1. If the US govt was debating which states were to be free and slave up to the first shots of the war then what was the initial cause?

2. Why did the US govt impose such a draconian tax on the southern states prior to the war?

3. Why did Lincoln "only" free the slaves in the south?

4. Why did Grant free his slaves prior to him taking the oath of office?

5. Why did more southern african americans fight for the south than the north? (you can find this in the federal records in wdc concerning how the south "mustered in" slaves and black free men.)

6. Why did southern states, on two occasions prior to the war, refuse federal troops to march through their states to South Carolina?

7. Whoa......Jeff Davis adopted two black slave children.

8. Why did not the north hold sedition trials on southern leaders in spite of Jeff Davis in spite of his request to do so?
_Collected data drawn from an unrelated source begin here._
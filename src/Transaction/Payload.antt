-- ===== src/Transaction/Payload.antt =====
-- The bytes that are hashed, signed and sent for a transaction (ethminer/SignTx.h).
use mvis_tokenminer.Prelude.{ℕ, ◌+◌, ◌*◌, ◌^◌, ◌<◌, ◌≤◌, ◌≡◌, refl, arith}
use mvis_tokenminer.Prelude.{List, [], ◌∷◌, Bool, true, false, if◌then◌else◌, inl, inr, Bool-cases}
use mvis_tokenminer.Prelude.{Result, ok, ◌>>=◌, All, length, length-append, ltb}
use mvis_tokenminer.Hex.{IsByte}
use mvis_tokenminer.BigEndian.{bytes_required}
use mvis_tokenminer.BigEndian.Size.{bytes_required-le}
use mvis_tokenminer.BigEndian.RoundTrip.{be-IsByte, length-be}
use mvis_tokenminer.Rlp.Constants.{RlpError}
use mvis_tokenminer.Rlp.Item.{Items, str, list, nil, cons, encode, encode_all, encode_str}
use mvis_tokenminer.Rlp.Item.{header, count_items, IsSmall, AreSmall}
use mvis_tokenminer.Rlp.Stream.{empty_stream, finish}
use mvis_tokenminer.Rlp.Stream.Emit.{emit-finish}
use mvis_tokenminer.Rlp.Stream.Integers.{compact}
use mvis_tokenminer.Transaction.{Transaction, RlpMode, generate_sig_hash, generate_payload}
use mvis_tokenminer.Transaction.{stream_rlp, stream_typed, stream_legacy, rlp, transaction_type}
use mvis_tokenminer.Transaction.Serial.{
  num, signature, typed_front, legacy_front, typed_fields, legacy_fields, IsSized,
  stream_typed-emit,
}
use mvis_tokenminer.Transaction.Serial.{stream_legacy-emit}

-- A string that is far shorter than the address space.
abbrev Short : List ℕ → Type 0
Short d = All IsByte d × (length d < 2 ^ 32)

num-Short : (i : ℕ) → i < 2 ^ 256 → Short (compact i)
num-Short i h = (
  be-IsByte (bytes_required i) i,
  omega (arith, length-be (bytes_required i) i, bytes_required-le i 32 h),
)

length-header : (base n : ℕ) → n < 2 ^ 32 → length (header base n) ≤ 5
length-header base n h = elim (Bool-cases (ltb n 56)) [
  | inl e ↦ rw e (omega arith)
  | inr e ↦ rw e (omega (arith, length-be (bytes_required n) n, bytes_required-le n 4 h))
]

length-encode_str : (d : List ℕ) → length d < 2 ^ 32 → length (encode_str d) ≤ 5 + length d
length-encode_str [] h = omega arith
length-encode_str (b ∷ []) h = elim (Bool-cases (ltb b 0x80)) [
  | inl e ↦ rw e (omega arith)
  | inr e ↦ rw e (omega arith)
]
length-encode_str (b ∷ c ∷ rest) h =
    rw length-append (omega (arith, length-header 0x80 (length (b ∷ c ∷ rest)) h))

-- A list of short strings and empty lists.
AreShort : Items → Type 0
AreShort nil = Unit
AreShort (cons (str d) xs) = Short d × AreShort xs
AreShort (cons (list nil) xs) = AreShort xs
AreShort (cons (list (cons y ys)) xs) = ⊥

length-encode_all : (xs : Items) → AreShort xs → length (encode_all xs) ≤ count_items xs * 2 ^ 33
unfolding AreShort encode encode_all
length-encode_all nil h = omega arith
length-encode_all (cons (str d) xs) h =
    rw (length-append (encode_str d) (encode_all xs))
      (omega (arith, length-encode_str d h.0.1, length-encode_all xs h.1))
length-encode_all (cons (list nil) xs) h = omega (arith, length-encode_all xs h)
length-encode_all (cons (list (cons y ys)) xs) h = elim h [ ]

AreShort-AreSmall : (xs : Items) → AreShort xs → AreSmall xs
unfolding AreShort IsSmall AreSmall encode_all
AreShort-AreSmall nil h = tt
AreShort-AreSmall (cons (str d) xs) h = ((h.0.0, omega (arith, h.0.1)), AreShort-AreSmall xs h.1)
AreShort-AreSmall (cons (list nil) xs) h = ((tt, omega arith), AreShort-AreSmall xs h)
AreShort-AreSmall (cons (list (cons y ys)) xs) h = elim h [ ]

AreShort-IsSmall : (xs : Items) → count_items xs ≤ 12 → AreShort xs → IsSmall (list xs)
unfolding IsSmall
AreShort-IsSmall xs few h = (AreShort-AreSmall xs h, omega (arith, few, length-encode_all xs h))

module _ (t : Transaction) (h : IsSized t) where
  signature-AreShort : AreShort (signature t.vrs)
  unfolding AreShort
  signature-AreShort = (
    num-Short t.vrs.v (omega (arith, h.v_fits)),
    (num-Short t.vrs.r h.r_fits, (num-Short t.vrs.s h.s_fits, tt)),
  )

  unsigned-AreShort : AreShort (cons (num t.chain_id) (cons (num 0) (cons (num 0) nil)))
  unfolding AreShort
  unsigned-AreShort = (
    num-Short t.chain_id (omega (arith, h.chain_id_fits)),
    (num-Short 0 (omega arith), (num-Short 0 (omega arith), tt)),
  )

  address-Short : Short t.receive_address
  address-Short = (h.address_fits.0, omega (arith, h.address_fits.1))

  typed_front-AreShort : (rest : Items) → AreShort rest → AreShort (typed_front t rest)
  unfolding AreShort
  typed_front-AreShort rest k = (
    num-Short t.chain_id (omega (arith, h.chain_id_fits)),
    (
      num-Short t.nonce h.nonce_fits,
      (
        num-Short t.priority_fee h.priority_fee_fits,
        (
          num-Short t.max_fee h.max_fee_fits,
          (
            num-Short t.gas h.gas_fits,
            (address-Short, (num-Short t.value h.value_fits, (h.data_fits, k))),
          ),
        ),
      ),
    ),
  )

  legacy_front-AreShort : (rest : Items) → AreShort rest → AreShort (legacy_front t rest)
  unfolding AreShort
  legacy_front-AreShort rest k = (
    num-Short t.nonce h.nonce_fits,
    (
      num-Short t.gas_price h.gas_price_fits,
      (
        num-Short t.gas h.gas_fits,
        (address-Short, (num-Short t.value h.value_fits, (h.data_fits, k))),
      ),
    ),
  )

  typed-IsSmall : (mode : RlpMode) → IsSmall (list (typed_fields mode t))
  unfolding AreShort
  typed-IsSmall generate_sig_hash = AreShort-IsSmall _ (omega arith) (typed_front-AreShort nil tt)
  typed-IsSmall generate_payload =
      AreShort-IsSmall _ (omega arith) (typed_front-AreShort (signature t.vrs) signature-AreShort)

  legacy-IsSmall : (mode : RlpMode) → IsSmall (list (legacy_fields mode t))
  legacy-IsSmall generate_sig_hash =
      AreShort-IsSmall _ (omega arith) (legacy_front-AreShort _ unsigned-AreShort)
  legacy-IsSmall generate_payload =
      AreShort-IsSmall _ (omega arith) (legacy_front-AreShort _ signature-AreShort)

-- `rlp`, with the kind of the transaction apart from it.
sent : Bool → RlpMode → Transaction → Result RlpError (List ℕ)
sent typed mode t =
    (if typed then stream_typed mode t empty_stream else stream_legacy mode t empty_stream)
    >>= finish
    >>= λ bytes. ok (if typed then transaction_type ∷ bytes else bytes)

sent-encode :
    (typed : Bool) (mode : RlpMode) (t : Transaction)
    → IsSized t
    → sent typed mode t
      ≡ ok (
          if typed
          then transaction_type ∷ encode (list (typed_fields mode t))
          else encode (list (legacy_fields mode t)))
unfolding sent
sent-encode true mode t h =
    rw
      (
        ← stream_typed-emit t h mode empty_stream,
        emit-finish (list (typed_fields mode t)) [] (typed-IsSmall t h mode),
      )
      refl
sent-encode false mode t h =
    rw
      (
        ← stream_legacy-emit t h mode empty_stream,
        emit-finish (list (legacy_fields mode t)) [] (legacy-IsSmall t h mode),
      )
      refl

-- The bytes of a transaction, which are hashed to be signed and sent when it is, are the encoding
-- of the list that EIP-1559 or EIP-155 asks for, with the type in front in the first case, and no
-- step of the serialisation fails, if the parts have the sizes of their types.
pub rlp-encode :
    (mode : RlpMode) (t : Transaction)
    → IsSized t
    → rlp mode t
      ≡ ok (
          if t.eip1559
          then transaction_type ∷ encode (list (typed_fields mode t))
          else encode (list (legacy_fields mode t)))
unfolding rlp stream_rlp sent
rlp-encode mode t h = sent-encode t.eip1559 mode t h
9. Why did Grant say, after the war, (and i paraphrase) if i knew why we were fighting the war i would have surrendered my sword to Lincoln and fought with the south.

do i, today, believe in slavery? no.

it is easy for simpletons to place blame, in retrospect, of past happenings as so much the case in political correctness and the rewriting of history by the victors over the vanquished but to be absolutely "fair" the only solution is to go back, to the records, and study what these individuals wanted to do and what their perspectives where at that time and at that time looking forward. not visa versa.